NBC's Andrea Mitchell Agrees: America One Of World's Most 'Socially Unjust' Societies

December 2nd, 2011 9:06 AM

Zbigniew Brzezinki's indictment of the United States was so harsh—calling America "one of the most socially unjust societies in the world"—that even his own daughter Mika was taken aback, asking her father to explain himself.

But that didn't stop Andrea Mitchell from emphatically agreeing with Zbigniew Brzezinki's condemnation of the USA.  In the course of doing so, Mitchell called the Tea Party  and opposition to ObamaCare "exaggerated forms" of protest, while praising Occupy Wall Street as "a real movement." Video after the jump.
 

Watch Andrea join Brzezinski's Blame America First Brigade.

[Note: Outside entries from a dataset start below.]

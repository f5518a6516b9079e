-- ===== src/Agent/Checks/Replies.antt =====
-- agent/conncheck.c: what the reply to a check does. The reply was validated and read before.
use libnice4android.Prelude.{
  ℕ, Bool, true, false, not, ◌&&◌, Option, none, some, List, [], ◌∷◌, ◌==◌, if◌then◌else◌, ◌>>=◌,
}
use libnice4android.Stun.Message.{bytes_eq}
use libnice4android.Agent.Address.{Address, equal}
use libnice4android.Agent.Checks.{
  waiting, succeeded, failed, NiceCandidate, connected, ready, Component, Stream, CheckPair,
  Context, NiceAgent,
}
use libnice4android.Agent.Checks.CheckList.{find_pair, set_pair, prune_cancelled}
use libnice4android.Agent.Checks.Components.{
  find_component, same_state, signal_state_change, update_selected_pair, update_state_for_ready,
}
use libnice4android.Agent.Checks.Schedule.Unfreeze.{find_stream, set_stream, unfreeze_related}
use libnice4android.Agent.Checks.Pairs.{add_peer_reflexive_pair, check_for_role_conflict}

-- What stun_usage_ice_conncheck_process returns, with the mapped address.
pub data IceReturn : Type 0 where
  mapped_address : Address → IceReturn
  no_mapped_address role_conflict invalid error : IceReturn

-- discovery_add_peer_reflexive_candidate: from the mapped address, the socket and the candidates that the
-- reply belongs to, the new local candidate and the stream that has it.
pub record Discovery : Type 0 where
  pub add_peer_reflexive :
      Context
      → Stream
      → ℕ
      → Address
      → ℕ
      → Option NiceCandidate
      → Option NiceCandidate
      → NiceCandidate × Stream

-- The pair whose check has a transaction id.
unfoldable pub find_transaction : List CheckPair → List ℕ → Option CheckPair
find_transaction [] id = none
find_transaction (p ∷ more) id =
    let rest = find_transaction more id in
    elim p.stun_message [
      | none ↦ rest
      | some discovery_id ↦ if bytes_eq discovery_id id then some p else rest
    ]

unfoldable pub find_address : List NiceCandidate → Address → Option NiceCandidate
find_address [] mapped = none
find_address (c ∷ more) mapped =
    let rest = find_address more mapped in if equal mapped c.addr then some c else rest

-- The first pair of two candidates; NULL is the remote candidate of no pair.
unfoldable pub find_candidates : List CheckPair → ℕ → Option NiceCandidate → Option CheckPair
find_candidates pairs local none = none
find_candidates [] local (some remote) = none
find_candidates (p ∷ more) local (some remote) =
    let rest = find_candidates more local (some remote) in
    if p.local.address == local && p.remote.address == remote.address then some p else rest

unfoldable pub store_pair : NiceAgent → Stream → CheckPair → NiceAgent
store_pair agent stream p = record agent {
  streams =
      set_stream agent.streams
        (record stream { conncheck_list = set_pair stream.conncheck_list p });
}

-- A check that succeeds; `none` is a failed assertion.
unfoldable pub succeed : NiceAgent → Stream → CheckPair → Option NiceAgent
succeed agent stream p =
    let p1 = record p { state = succeeded } in
    let agent1 = store_pair agent stream p1 in
    do
      stream1 ← find_stream agent1.streams stream.id
      streams ← unfreeze_related agent1.streams stream1 p1
      some (record agent1 { streams = streams })

-- `priv_process_response_check_for_peer_reflexive`, by the local candidate with the mapped address: the
-- agent, and the address of the pair that is returned.
unfoldable pub process_response :
    Discovery
    → NiceAgent
    → Stream
    → Component
    → CheckPair
    → ℕ
    → Address
    → Option NiceCandidate
    → Option NiceCandidate
    → Option NiceCandidate
    → Option (NiceAgent × ℕ)
process_response d agent stream c p sockptr mapped local_candidate remote_candidate (some cand) = do
  agent1 ← succeed agent stream p
  let new_pair = find_candidates stream.conncheck_list cand.address remote_candidate
  some (agent1, elim new_pair [ none ↦ p.address | some q ↦ q.address ])
process_response d agent stream c p sockptr mapped local_candidate remote_candidate none =
    let found =
      d.add_peer_reflexive agent.context stream c.id mapped sockptr local_candidate
        remote_candidate in
    let stream1 = record (found.1) {
      conncheck_list = set_pair found.1.conncheck_list (record p { state = failed });
    } in
    let added = add_peer_reflexive_pair agent.context stream1 c.id found.0 p in
    some (record { context = added.1; streams = set_stream agent.streams added.2 }, added.0.address)

-- The updates after a check that succeeded: of the selected pair, of the component and of the list.
unfoldable pub update_nominated : Context → Stream → ℕ → CheckPair → Context × Stream
update_nominated agent stream component_id ok_pair =
    let selected = update_selected_pair agent stream component_id ok_pair in
    elim (find_component selected.1.components component_id) [
      | none ↦ selected
      | some c ↦
          if same_state c.state ready
          then selected
          else signal_state_change selected.0 selected.1 component_id connected
    ]

unfoldable pub conclude_success : NiceAgent → ℕ → ℕ → ℕ → Option NiceAgent
conclude_success agent stream_id component_id ok_address = do
  stream ← find_stream agent.streams stream_id
  ok_pair ← find_pair stream.conncheck_list ok_address
  let next =
      if ok_pair.nominated
      then update_nominated agent.context stream component_id ok_pair
      else (agent.context, stream)
  let last = update_state_for_ready next.0 next.1 component_id
  some (record { context = last.0; streams = set_stream agent.streams last.1 })

-- The reply to the check of a pair, whose message is cleared in `p`.
unfoldable pub process_reply :
    Discovery
    → NiceAgent
    → Stream
    → Component
    → CheckPair
    → ℕ
    → Address
    → Option NiceCandidate
    → Option NiceCandidate
    → IceReturn
    → Option NiceAgent
process_reply d agent stream c p sockptr from local_candidate remote_candidate
      (mapped_address mapped) =
    if equal from p.remote.addr
    then (do
      next ←
          process_response d agent stream c p sockptr mapped local_candidate remote_candidate
            (find_address c.local_candidates mapped)
      conclude_success next.0 stream.id c.id next.1)
    else some (store_pair agent stream (record p { state = failed }))
process_reply d agent stream c p sockptr from local_candidate remote_candidate no_mapped_address =
    if equal from p.remote.addr
    then (do next ← succeed agent stream p; conclude_success next stream.id c.id p.address)
    else some (store_pair agent stream (record p { state = failed }))
process_reply d agent stream c p sockptr from local_candidate remote_candidate role_conflict =
    let switched = check_for_role_conflict agent (not p.controlling) in
    do
      stream1 ← find_stream switched.streams stream.id
      p1 ← find_pair stream1.conncheck_list p.address
      some (store_pair switched stream1 (record p1 { stun_message = none; state = waiting }))
process_reply d agent stream c p sockptr from local_candidate remote_candidate _ =
    some (store_pair agent stream p)

-- The end of the reply's processing: the cancelled pairs go.
unfoldable pub drop_cancelled : NiceAgent → ℕ → NiceAgent
drop_cancelled agent stream_id = elim (find_stream agent.streams stream_id) [
  | none ↦ agent
  | some stream ↦ record agent {
    streams =
        set_stream agent.streams
          (record stream { conncheck_list = prune_cancelled stream.conncheck_list });
  }
]

-- `priv_map_reply_to_conn_check_request`: whether the transaction was found.
unfoldable pub map_reply_to_conn_check_request :
    Discovery
    → NiceAgent
    → Stream
    → Component
    → ℕ
    → Address
    → Option NiceCandidate
    → Option NiceCandidate
    → List ℕ
    → IceReturn
    → Option (Bool × NiceAgent)
map_reply_to_conn_check_request d agent stream c sockptr from local_candidate remote_candidate
      response_id res =
    elim (find_transaction stream.conncheck_list response_id) [
      | none ↦ some (false, drop_cancelled agent stream.id)
      | some p ↦ do
        next ←
            process_reply d agent stream c (record p { stun_message = none }) sockptr from
              local_candidate remote_candidate res
        some (true, drop_cancelled next stream.id)
    ]
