-- ===== src/Agent/Checks/Schedule.antt =====
-- agent/conncheck.c: which checks are made and when.
pub mod Send
pub mod Unfreeze
pub mod Tick
pub mod Progress
pub mod Started
pub mod Kept
pub mod Advance
pub mod Liveness
pub mod Related
pub mod Stop
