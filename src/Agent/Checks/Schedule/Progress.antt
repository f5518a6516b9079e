-- ===== src/Agent/Checks/Schedule/Progress.antt =====
-- The checks that are still to be made, and how an update of one pair changes their number.
use libnice4android.Prelude.{
  ℕ, ◌+◌, ◌<◌, true, false, ◌&&◌, Option, none, some, List, [], ◌∷◌, ◌==◌, ltb, ◌≡◌, ◌≢◌, refl, ap,
  ap₂, sym, ◌∙◌, arith, ◌⊎◌, All, In, here, there, Bool-cases, some_injective, inl, inr, ==_iff,
}
use mathlib.Core.Path.{subst}
use libnice4android.Agent.Checks.{
  CheckState, waiting, in_progress, succeeded, failed, frozen, cancelled, discovered, is, CheckPair,
  Stream,
}
use libnice4android.Agent.Checks.CheckList.{find_next_waiting, find_pair, set_pair}
use libnice4android.Agent.Checks.Schedule.Unfreeze.{max_frozen}

-- A frozen pair is unfrozen and then checked, a waiting one is checked.
abbrev pub weight : CheckState → ℕ
weight frozen = 2
weight waiting = 1
weight in_progress = 0
weight succeeded = 0
weight failed = 0
weight cancelled = 0
weight discovered = 0

abbrev pub work : List CheckPair → ℕ
work [] = 0
work (p ∷ more) = weight p.state + work more

-- The work of all streams.
abbrev pub total_work : List Stream → ℕ
total_work [] = 0
total_work (s ∷ more) = work s.conncheck_list + total_work more

pub weight-waiting : (s : CheckState) → is s waiting ≡ true → weight s ≡ 1
weight-waiting waiting h = refl
weight-waiting frozen h = cc
weight-waiting in_progress h = cc
weight-waiting succeeded h = cc
weight-waiting failed h = cc
weight-waiting cancelled h = cc
weight-waiting discovered h = cc

pub weight-frozen : (s : CheckState) → is s frozen ≡ true → weight s ≡ 2
weight-frozen frozen h = refl
weight-frozen waiting h = cc
weight-frozen in_progress h = cc
weight-frozen succeeded h = cc
weight-frozen failed h = cc
weight-frozen cancelled h = cc
weight-frozen discovered h = cc

pub weight_none : (s : CheckState) → is s frozen ≡ false → is s waiting ≡ false → weight s ≡ 0
weight_none frozen h k = cc
weight_none waiting h k = cc
weight_none in_progress h k = refl
weight_none succeeded h k = refl
weight_none failed h k = refl
weight_none cancelled h k = refl
weight_none discovered h k = refl

-- The address and the priority of each pair, which stay as they are while checks are made.
abbrev pub shape : List CheckPair → List (ℕ × ℕ)
shape [] = []
shape (p ∷ more) = (p.address, p.priority) ∷ shape more

-- Distinct addresses, and priorities that are not 0.
abbrev pub IsFresh : List (ℕ × ℕ) → Type 0
IsFresh [] = Unit
IsFresh (x ∷ more) = All (λ y. (x.0 == y.0) ≡ false) more × (0 < x.1) × IsFresh more

not_first :
    (x : ℕ × ℕ) (p : CheckPair) (pairs : List CheckPair)
    → In p pairs
    → All (λ y. (x.0 == y.0) ≡ false) (shape pairs)
    → (x.0 == p.address) ≡ false
not_first x p [] i h = elim i [ ]
not_first x p (q ∷ more) here h = h.0
not_first x p (q ∷ more) (there i) h = not_first x p more i h.1

pub find_pair-In :
    (pairs : List CheckPair) (p : CheckPair)
    → In p pairs
    → IsFresh (shape pairs)
    → find_pair pairs p.address ≡ some p
unfolding find_pair
find_pair-In [] p i h = elim i [ ]
find_pair-In (q ∷ more) p here h = ground arith
find_pair-In (q ∷ more) p (there i) h =
    rw (not_first (q.address, q.priority) p more i h.0) (find_pair-In more p i h.2)

module _ (p q : CheckPair) where
  pub work-set_pair :
      (pairs : List CheckPair)
      → find_pair pairs q.address ≡ some p
      → work (set_pair pairs q) + weight p.state ≡ work pairs + weight q.state
  unfolding find_pair set_pair
  work-set_pair [] h = cc
  work-set_pair (x ∷ more) h = elim (Bool-cases (x.address == q.address)) [
    | inl e ↦
        rw e
          (omega (arith, ap (λ (r : CheckPair). weight r.state) (some_injective x p (rw e at h))))
    | inr e ↦ rw e (omega (arith, work-set_pair more (rw e at h)))
  ]

  pub shape-set_pair :
      (pairs : List CheckPair)
      → find_pair pairs q.address ≡ some p
      → q.priority ≡ p.priority
      → shape (set_pair pairs q) ≡ shape pairs
  unfolding find_pair set_pair
  shape-set_pair [] h e = refl
  shape-set_pair (x ∷ more) h k = elim (Bool-cases (x.address == q.address)) [
    | inl e ↦ rw e (
        ap₂ (λ (a b : ℕ). (a, b) ∷ shape more) (sym ((==_iff x.address q.address).0 e))
          (k ∙ ap (λ (r : CheckPair). r.priority) (sym (some_injective x p (rw e at h)))))
    | inr e ↦ rw e (
        ap (λ (ys : List (ℕ × ℕ)). (x.address, x.priority) ∷ ys)
          (shape-set_pair more (rw e at h) k))
  ]

-- Of two stores to one pair the second remains.
pub set_pair-set_pair :
    (pairs : List CheckPair) (p q : CheckPair)
    → p.address ≡ q.address
    → set_pair (set_pair pairs p) q ≡ set_pair pairs q
unfolding set_pair
set_pair-set_pair [] p q h = refl
set_pair-set_pair (x ∷ more) p q h = ground (arith, set_pair-set_pair more p q h)

pub find_next_waiting-In :
    (pairs : List CheckPair) (p : CheckPair)
    → find_next_waiting pairs ≡ some p
    → In p pairs × (is p.state waiting ≡ true)
unfolding find_next_waiting
find_next_waiting-In [] p h = cc
find_next_waiting-In (x ∷ more) p h = elim (Bool-cases (is x.state waiting)) [
  | inl e ↦
      let same = some_injective x p (rw e at h) in
      subst (λ r. In r (x ∷ more) × (is r.state waiting ≡ true)) same (here, e)
  | inr e ↦ let rest = find_next_waiting-In more p (rw e at h) in (there rest.0, rest.1)
]

-- The best pair is the one that the search began with, or a frozen pair of the list.
max_frozen-some :
    (pairs : List CheckPair) (highest : ℕ) (best : Option CheckPair) (p : CheckPair)
    → max_frozen pairs highest best ≡ some p
    → (best ≡ some p) ⊎ (In p pairs × (is p.state frozen ≡ true))
unfolding max_frozen
max_frozen-some [] highest best p h = inl h
max_frozen-some (x ∷ more) highest best p h =
    elim (Bool-cases (is x.state frozen && ltb highest x.priority)) [
      | inl e ↦ elim (max_frozen-some more x.priority (some x) p (rw e at h)) [
        | inl same ↦ inr (
            subst (λ r. In r (x ∷ more) × (is r.state frozen ≡ true)) (some_injective x p same)
              (here, ground arith))
        | inr (i, f) ↦ inr (there i, f)
      ]
      | inr e ↦ elim (max_frozen-some more highest best p (rw e at h)) [
        | inl same ↦ inl same
        | inr (i, f) ↦ inr (there i, f)
      ]
    ]

pub max_frozen-In :
    (pairs : List CheckPair) (p : CheckPair)
    → max_frozen pairs 0 none ≡ some p
    → In p pairs × (is p.state frozen ≡ true)
max_frozen-In pairs p h = elim (max_frozen-some pairs 0 none p h) [ inl e ↦ cc | inr r ↦ r ]

max_frozen-ne-none :
    (pairs : List CheckPair) (highest : ℕ) (p : CheckPair)
    → max_frozen pairs highest (some p) ≢ none
unfolding max_frozen
max_frozen-ne-none [] highest p h = cc
max_frozen-ne-none (x ∷ more) highest p h =
    elim (Bool-cases (is x.state frozen && ltb highest x.priority)) [
      | inl e ↦ max_frozen-ne-none more x.priority x (rw e at h)
      | inr e ↦ max_frozen-ne-none more highest p (rw e at h)
    ]

-- With positive priorities, no pair is left to check when nothing is found to be unfrozen or to be sent.
pub work_over :
    (pairs : List CheckPair)
    → IsFresh (shape pairs)
    → max_frozen pairs 0 none ≡ none
    → find_next_waiting pairs ≡ none
    → work pairs ≡ 0
unfolding max_frozen find_next_waiting
work_over [] f h k = refl
work_over (x ∷ more) f h k = elim (Bool-cases (is x.state frozen && ltb 0 x.priority)) [
  | inl e ↦ absurd (max_frozen-ne-none more x.priority x (rw e at h))
  | inr e ↦ elim (Bool-cases (is x.state waiting)) [
    | inl w ↦ absurd (cc (rw w at k))
    | inr w ↦
        omega
          (arith, weight_none x.state (ground arith) w, work_over more f.2 (rw e at h) (rw w at k))
  ]
]
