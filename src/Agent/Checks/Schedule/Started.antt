-- ===== src/Agent/Checks/Schedule/Started.antt =====
-- What a check that is made does to the list of its pairs.
use libnice4android.Prelude.{
  ℕ, ◌+◌, Bool, true, false, Option, none, some, List, if◌then◌else◌, ◌≡◌, refl, ap, sym, ◌∙◌,
  arith,
}
use libnice4android.Stun.Agent.{SavedId}
use libnice4android.Agent.Checks.{
  CheckState, in_progress, Component, Stream, CheckPair, Context, Environment,
}
use libnice4android.Agent.Checks.CheckList.{set_pair, find_pair}
use libnice4android.Agent.Checks.Schedule.Send.{send_with, send_for, conn_check_send, initiate}
use libnice4android.Agent.Checks.Schedule.Progress.{
  weight, work, shape, work-set_pair, shape-set_pair, set_pair-set_pair,
}

-- A list with one pair replaced by one that is in progress.
pub record IsStarted (pairs : List CheckPair) (p : CheckPair) (result : List CheckPair)
    : Type 0 where
  pub started : CheckPair
  pub address_eq : started.address ≡ p.address
  pub priority_eq : started.priority ≡ p.priority
  pub state_eq : started.state ≡ in_progress
  pub result_eq : result ≡ set_pair pairs started

send_with-IsStarted :
    (env : Environment) (agent : Context) (stream : Stream) (c : Component) (p : CheckPair)
    (m : Option (List ℕ × List SavedId))
    → p.state ≡ in_progress
    → IsStarted stream.conncheck_list p (send_with env agent stream c p m).1.conncheck_list
unfolding send_with
send_with-IsStarted env agent stream c p none e = record {
  started = record p { stun_message = none };
  address_eq = refl;
  priority_eq = refl;
  state_eq = e;
  result_eq = refl;
}
send_with-IsStarted env agent stream c p (some (id, table)) e = record {
  started = _;
  address_eq = refl;
  priority_eq = refl;
  state_eq = e;
  result_eq = refl;
}

abbrev marked : Bool → CheckPair → CheckPair
marked controlling p = if controlling then record p { nominated = true } else p

marked_state : (b : Bool) (p : CheckPair) → (marked b p).state ≡ p.state
marked_state true p = refl
marked_state false p = refl

marked_address : (b : Bool) (p : CheckPair) → (marked b p).address ≡ p.address
marked_address true p = refl
marked_address false p = refl

marked_priority : (b : Bool) (p : CheckPair) → (marked b p).priority ≡ p.priority
marked_priority true p = refl
marked_priority false p = refl

-- A list of which the same pair was set before.
IsStarted-again :
    (pairs : List CheckPair) (p q : CheckPair) {before result : List CheckPair}
    → before ≡ set_pair pairs p
    → IsStarted before q result
    → q.address ≡ p.address
    → q.priority ≡ p.priority
    → IsStarted pairs p result
IsStarted-again pairs p q h s a b = record {
  started = s.started;
  address_eq = s.address_eq ∙ a;
  priority_eq = s.priority_eq ∙ b;
  state_eq = s.state_eq;
  result_eq =
      s.result_eq
      ∙ ap (λ (l : List CheckPair). set_pair l s.started) h
      ∙ set_pair-set_pair pairs p s.started (sym (s.address_eq ∙ a));
}

send_for-IsStarted :
    (env : Environment) (agent : Context) (stream : Stream) (pairs : List CheckPair) (p : CheckPair)
    (o : Option Component)
    → p.state ≡ in_progress
    → stream.conncheck_list ≡ set_pair pairs p
    → IsStarted pairs p (send_for env agent stream p o).1.conncheck_list
unfolding send_for
send_for-IsStarted env agent stream pairs p none e h = record {
  started = p;
  address_eq = refl;
  priority_eq = refl;
  state_eq = e;
  result_eq = h;
}
send_for-IsStarted env agent stream pairs p (some c) e h =
    let q = if agent.controlling_mode then record p { nominated = true } else p in
    let started = marked_state agent.controlling_mode p ∙ e in
    IsStarted-again pairs p q h (send_with-IsStarted env agent stream c q _ started)
      (marked_address agent.controlling_mode p) (marked_priority agent.controlling_mode p)

pub initiate-IsStarted :
    (env : Environment) (agent : Context) (stream : Stream) (p : CheckPair)
    → IsStarted stream.conncheck_list p (initiate env agent stream p).1.conncheck_list
unfolding initiate conn_check_send
initiate-IsStarted env agent stream p =
    let s = send_for-IsStarted env agent _ stream.conncheck_list _ _ refl refl in
    record {
      started = s.started;
      address_eq = s.address_eq;
      priority_eq = s.priority_eq;
      state_eq = s.state_eq;
      result_eq = s.result_eq;
    }

-- A check that is started for a pair of the list takes the work of this pair off.
module _ (env : Environment) (agent : Context) (stream : Stream) (p q : CheckPair)
    (found : find_pair stream.conncheck_list p.address ≡ some q)
    (same : p.priority ≡ q.priority) where
  pub work-initiate :
      work (initiate env agent stream p).1.conncheck_list + weight q.state
      ≡ work stream.conncheck_list
  work-initiate =
      let s = initiate-IsStarted env agent stream p in
      let at = ap (λ (a : ℕ). find_pair stream.conncheck_list a) s.address_eq ∙ found in
      omega (
        arith,
        ap (λ (l : List CheckPair). work l) s.result_eq,
        work-set_pair q s.started stream.conncheck_list at,
        ap (λ (t : CheckState). weight t) s.state_eq,
      )

  pub shape-initiate :
      shape (initiate env agent stream p).1.conncheck_list ≡ shape stream.conncheck_list
  shape-initiate =
      let s = initiate-IsStarted env agent stream p in
      let at = ap (λ (a : ℕ). find_pair stream.conncheck_list a) s.address_eq ∙ found in
      ap (λ (l : List CheckPair). shape l) s.result_eq
      ∙ shape-set_pair q s.started stream.conncheck_list at (s.priority_eq ∙ same)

ZBIGNIEW BREZINSKI: The West today is somewhat corrupt, uneasy about its own value system.  The United States is becoming rapidly one of the most socially unjust societies in the world. And that is raising basic questions about the relevance of the West to a world that is now universally awakened.  Stirring, restless, conflicted.    

JOE SCARBOROUGH: Now when you say "socially unjust" --

MIKA BRZEZINSKI: Wow. Yeah.  Please explain that.

SCARBOROROUGH: Yeah, explain how the United States of America --

MIKA: It's a strong statement.

SCARBOROUGH: -- you believe is becoming socially unjust.  One of the most socially unjust.

ZBIGNIEW: The income disparities between the rich and the poor in the United States are now the most severe in the world . . .

MIKA: Andrea.

ANDREA MITCHELL: I agree with just about everything that Dr. Brzezinski has said, except that I'm not as optimistic as you are about the Eurozone [Brzezinski had predicted that Europe will solve its financial crisis]. The disparities between rich and poor is this country are the underlying tension.  You see the exaggerated forms of it on both sides. With what we saw with the Tea Party, the objection to a social compact on health care a couple of years ago.  And then, the emergence of the Occupy movement.  That's a real movement.  There is real passion and anger there.


Note that whereas Mitchell claims to see "exaggerated forms" of protest on "both sides," she only cites the Tea Party and resistance to ObamaCare as examples of the phenomenon, while praising Occupy Wall Street as being a "real" movement.